Beginning with the first line and ending with the one containing "to_lower key.label keys)", copy the lines of the listing below exactly; omit everything else.
------ LISTED ENTRIES ------
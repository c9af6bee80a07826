-- ===== src/Keyboard/Labels.antt =====
-- What tapping a key of a validated keyboard does: the label goes out with the key and comes back as
-- a message.
use mathlib.Core.List.{Memᴰ}
use mathlib.Core.List.Memᴰ
use Prim.Native.String.{◌++◌ as str_append}
use blueship.Keyboard.{
  BotKeyboardKey, BotKeyboardNode, BotKeyboard, KeyAction, action, action_on, action_of,
  find_in_row, find_in_rows, find_in_nodes, valid, valid_key, check_label, check_ask, check_nodes,
  known_commands, controls, configured, has_node, has_placeholder, is_set, slash,
  normalize_command_name,
}
use blueship.Keyboard.Distinct.{
  Nodes, keys_of, keys_of_rows, IsChecked, check_nodes-check_row, check_row-IsChecked,
  check_row-distinct,
}
use blueship.Prelude.{
  String, true, false, ◌⊎◌, inl, inr, Option, none, some, List, [], ◌∷◌, ◌++◌, ◌≡◌, refl, sym, ◌∙◌,
  ap, All-Memᴰ, contains, and_then-none, reject-none, Bool-cases, arith, eq_iff, str_eq, true≢false,
  is_blank, trim_space, subst,
}

module _ (to_lower : String → String) where
  -- The key that a text finds in a row.
  IsFound : String → List BotKeyboardKey → Option KeyAction → Type 0
  IsFound text keys r =
      (key : BotKeyboardKey) × Memᴰ key keys
      × (key.label ≡ text)
      × (r ≡ some (action_of to_lower key))

  find_in_row-IsFound :
      (key : BotKeyboardKey) (keys : List BotKeyboardKey)
      → Memᴰ key keys
      → IsFound key.label keys (find_in_row to_lower key.label keys)
  unfolding find_in_row IsFound
  find_in_row-IsFound key [] m = absurd (Memᴰ.not-nil m)
  find_in_row-IsFound key (x ∷ xs) m = elim (Bool-cases (str_eq x.label key.label)) [
    | inl e ↦ (x, Memᴰ.head refl, (eq_iff x.label key.label).0 e, rw (e, find_in_row) refl)
    | inr e ↦ elim (Memᴰ.cases_cons m) [
      | inl same ↦
          absurd
            (true≢false (sym ((eq_iff x.label key.label).1 (ap (λ y. y.label) (sym same))) ∙ e))
      | inr n ↦
          let (k, mk, l, f) = find_in_row-IsFound key xs n in
          (k, Memᴰ.tail mk, l, rw (e, find_in_row) f)
    ]
  ]

  find_in_row-append :
      (text : String) (xs ys : List BotKeyboardKey)
      → find_in_row to_lower text (xs ++ ys) ≡ elim (find_in_row to_lower text xs) [
        | some a ↦ some a
        | none ↦ find_in_row to_lower text ys
      ]
  unfolding find_in_row
  find_in_row-append text [] ys = refl
  find_in_row-append text (x ∷ xs) ys = ground (arith, find_in_row-append text xs ys)

  find_in_rows-row :
      (text : String) (rows : List (List BotKeyboardKey))
      → find_in_rows to_lower text rows ≡ find_in_row to_lower text (keys_of_rows rows)
  unfolding find_in_rows find_in_row keys_of_rows
  find_in_rows-row text [] = refl
  find_in_rows-row text (row ∷ rows) =
      ground (arith, find_in_row-append text row (keys_of_rows rows), find_in_rows-row text rows)

  find_in_nodes-row :
      (text : String) (ns : Nodes)
      → find_in_nodes to_lower text ns ≡ find_in_row to_lower text (keys_of ns)
  unfolding find_in_nodes find_in_row keys_of
  find_in_nodes-row text [] = refl
  find_in_nodes-row text ((id, node) ∷ ns) = ground (
    arith,
    find_in_row-append text (keys_of_rows node.rows) (keys_of ns),
    find_in_rows-row text node.rows,
    find_in_nodes-row text ns,
  )

  -- An action that does something: it opens a screen that exists, runs a known command, or says
  -- something, with a place for the answer if it asks.
  unfoldable pub LeadsSomewhere : Nodes → List String → KeyAction → Type 0
  LeadsSomewhere nodes known a =
      ((is_set a.node ≡ true) × (has_node nodes a.node ≡ true))
      ⊎ ((name : String) × (contains known name ≡ true) × (a.text ≡ str_append slash name))
      ⊎ ((is_set a.text ≡ true) × ((str_eq a.ask "" ≡ true) ⊎ (has_placeholder a.text ≡ true)))

  valid_key-LeadsSomewhere :
      (nodes : Nodes) (known : List String) (key : BotKeyboardKey)
      → valid_key to_lower nodes known [] key ≡ none
      → LeadsSomewhere nodes known (action_of to_lower key)
  unfolding LeadsSomewhere action_of valid_key check_ask
  valid_key-LeadsSomewhere nodes known key h =
      let (_, a) = and_then-none _ _ h in
      let (screen, b) = and_then-none _ _ a in
      let (command, c) = and_then-none _ _ b in
      let (ask, one) = and_then-none _ _ c in
      let (say, _) = and_then-none _ _ ask in
      let screen' = reject-none _ _ screen in
      let command' = reject-none _ _ command in
      let say' = reject-none _ _ say in
      let one' = reject-none _ _ one in
      elim (Bool-cases (is_set key.node)) [
        | inl n ↦ inl (ground (arith, screen'), ground (arith, screen'))
        | inr n ↦ elim (Bool-cases (is_set key.command)) [
          | inl c ↦ inr (
              inl (
                normalize_command_name to_lower key.command,
                ground (arith, command'),
                ground arith,
              ))
          | inr c ↦ inr (inr (ground (arith, one'), ground (arith, say')))
        ]
      ]

  keys_of-entry :
      (key : BotKeyboardKey) (ns : Nodes)
      → Memᴰ key (keys_of ns)
      → (e : String × BotKeyboardNode) × Memᴰ e ns × Memᴰ key (keys_of_rows e.1.rows)
  unfolding keys_of
  keys_of-entry key [] m = absurd (Memᴰ.not-nil m)
  keys_of-entry key ((id, node) ∷ ns) m = elim (Memᴰ.append_cases (keys_of_rows node.rows) m) [
    | inl here ↦ ((id, node), Memᴰ.head refl, here)
    | inr there ↦ let (e, me, mk) = keys_of-entry key ns there in (e, Memᴰ.tail me, mk)
  ]

  entry-keys_of :
      (key : BotKeyboardKey) (ns : Nodes) (e : String × BotKeyboardNode)
      → Memᴰ e ns
      → Memᴰ key (keys_of_rows e.1.rows)
      → Memᴰ key (keys_of ns)
  unfolding keys_of
  entry-keys_of key [] e me mk = absurd (Memᴰ.not-nil me)
  entry-keys_of key ((id, node) ∷ ns) e me mk = elim (Memᴰ.cases_cons me) [
    | inl same ↦
        Memᴰ.append_left (keys_of ns) (subst (λ x. Memᴰ key (keys_of_rows x.1.rows)) same mk)
    | inr n ↦ Memᴰ.append_right (keys_of_rows node.rows) (entry-keys_of key ns e n mk)
  ]

  keys_of-configured :
      (k : BotKeyboard) (key : BotKeyboardKey) (ns : Nodes)
      → k.nodes ≡ ns
      → Memᴰ key (keys_of ns)
      → configured k ≡ true
  unfolding configured keys_of
  keys_of-configured k key [] same m = absurd (Memᴰ.not-nil m)
  keys_of-configured k key (e ∷ ns) same m = rw same refl

  -- A keyboard that `Valid` accepts and that has keys has passed the loop.
  valid-check_nodes :
      (k : BotKeyboard) (commands : List String) (key : BotKeyboardKey)
      → valid to_lower k commands ≡ none
      → Memᴰ key (keys_of k.nodes)
      → (is_set k.close_label ≡ true)
        × (check_nodes to_lower k (known_commands to_lower commands) (controls to_lower k) k.nodes
            ≡ none)
  unfolding valid
  valid-check_nodes k commands key h m = ground (arith, keys_of-configured k key k.nodes refl m)

  action_on-find :
      (k : BotKeyboard) (text : String)
      → configured k ≡ true
      → str_eq text "" ≡ false
      → contains (controls to_lower k) text ≡ false
      → action_on to_lower k text ≡ find_in_nodes to_lower text k.nodes
  unfolding action_on controls contains
  action_on-find k text on full fresh = ground (
    arith,
    eq_iff k.close_label text,
    eq_iff text k.close_label,
    eq_iff k.back_label text,
    eq_iff text k.back_label,
  )

  -- A label that is trimmed, and that is none of the controls, is looked up.
  action-find :
      (k : BotKeyboard) (text : String)
      → configured k ≡ true
      → is_blank text ≡ false
      → trim_space text ≡ text
      → contains (controls to_lower k) text ≡ false
      → action to_lower k text ≡ find_in_nodes to_lower text k.nodes
  unfolding action is_blank
  action-find k text on full trimmed fresh =
      ap (action_on to_lower k) trimmed
      ∙ action_on-find k text on (subst (λ t. str_eq t "" ≡ false) trimmed full) fresh

  valid_key-label :
      (nodes : Nodes) (known : List String) (key : BotKeyboardKey)
      → valid_key to_lower nodes known [] key ≡ none
      → is_blank key.label ≡ false
  unfolding valid_key check_label
  valid_key-label nodes known key h = reject-none _ _ (and_then-none _ _ (and_then-none _ _ h).0).0

  -- The label of a key of a keyboard that Valid accepts, when no space is at its ends, resolves to
  -- the action of exactly that key, in whatever order the screens are looked at, and that action
  -- opens a screen of the keyboard, runs a configured command or says something, with a place for
  -- the answer if it asks.
  pub valid-action :
      (k : BotKeyboard) (nodes : Nodes) (commands : List String) (key : BotKeyboardKey)
      → valid to_lower k commands ≡ none
      → ((e : String × BotKeyboardNode) → Memᴰ e nodes → Memᴰ e k.nodes)
      → Memᴰ key (keys_of nodes)
      → trim_space key.label ≡ key.label
      → (action to_lower (record k { nodes = nodes }) key.label ≡ some (action_of to_lower key))
        × LeadsSomewhere k.nodes (known_commands to_lower commands) (action_of to_lower key)
  unfolding IsFound controls
  valid-action k nodes commands key h sub m trimmed =
      let known = known_commands to_lower commands in
      let in_k : (x : BotKeyboardKey) → Memᴰ x (keys_of nodes) → Memᴰ x (keys_of k.nodes) = λ x mx.
        let (e, me, mk) = keys_of-entry x nodes mx in entry-keys_of x k.nodes e (sub e me) mk in
      let (close, checked) = valid-check_nodes k commands key h (in_k key m) in
      let (s, ran) = check_nodes-check_row to_lower k known (controls to_lower k) k.nodes checked in
      let (fresh, fine) =
        All-Memᴰ (IsChecked to_lower k known (controls to_lower k)) (keys_of k.nodes) key
          (check_row-IsChecked to_lower k known (controls to_lower k) (keys_of k.nodes) s ran)
          (in_k key m) in
      let (found, mf, label, r) = find_in_row-IsFound key (keys_of nodes) m in
      let same =
        check_row-distinct to_lower k known (controls to_lower k) (keys_of k.nodes) s found key ran
          (in_k found mf) (in_k key m) label in
      (
        action-find (record k { nodes = nodes }) key.label
              (keys_of-configured (record k { nodes = nodes }) key nodes refl m)
              (valid_key-label k.nodes known key fine) trimmed fresh
            ∙ find_in_nodes-row key.label nodes
            ∙ r
            ∙ ap (λ x. some (action_of to_lower x)) same,
        valid_key-LeadsSomewhere k.nodes known key fine,
      )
------
__EXPECTED OUTPUT__:
repository c9af6bee80a07826
-- ===== src/Keyboard/Labels.antt =====
-- What tapping a key of a validated keyboard does: the label goes out with the key and comes back as
-- a message.
use mathlib.Core.List.{Memᴰ}
use mathlib.Core.List.Memᴰ
use Prim.Native.String.{◌++◌ as str_append}
use blueship.Keyboard.{
  BotKeyboardKey, BotKeyboardNode, BotKeyboard, KeyAction, action, action_on, action_of,
  find_in_row, find_in_rows, find_in_nodes, valid, valid_key, check_label, check_ask, check_nodes,
  known_commands, controls, configured, has_node, has_placeholder, is_set, slash,
  normalize_command_name,
}
use blueship.Keyboard.Distinct.{
  Nodes, keys_of, keys_of_rows, IsChecked, check_nodes-check_row, check_row-IsChecked,
  check_row-distinct,
}
use blueship.Prelude.{
  String, true, false, ◌⊎◌, inl, inr, Option, none, some, List, [], ◌∷◌, ◌++◌, ◌≡◌, refl, sym, ◌∙◌,
  ap, All-Memᴰ, contains, and_then-none, reject-none, Bool-cases, arith, eq_iff, str_eq, true≢false,
  is_blank, trim_space, subst,
}

module _ (to_lower : String → String) where
  -- The key that a text finds in a row.
  IsFound : String → List BotKeyboardKey → Option KeyAction → Type 0
  IsFound text keys r =
      (key : BotKeyboardKey) × Memᴰ key keys
      × (key.label ≡ text)
      × (r ≡ some (action_of to_lower key))

  find_in_row-IsFound :
      (key : BotKeyboardKey) (keys : List BotKeyboardKey)
      → Memᴰ key keys
      → IsFound key.label keys (find_in_row to_lower key.label keys)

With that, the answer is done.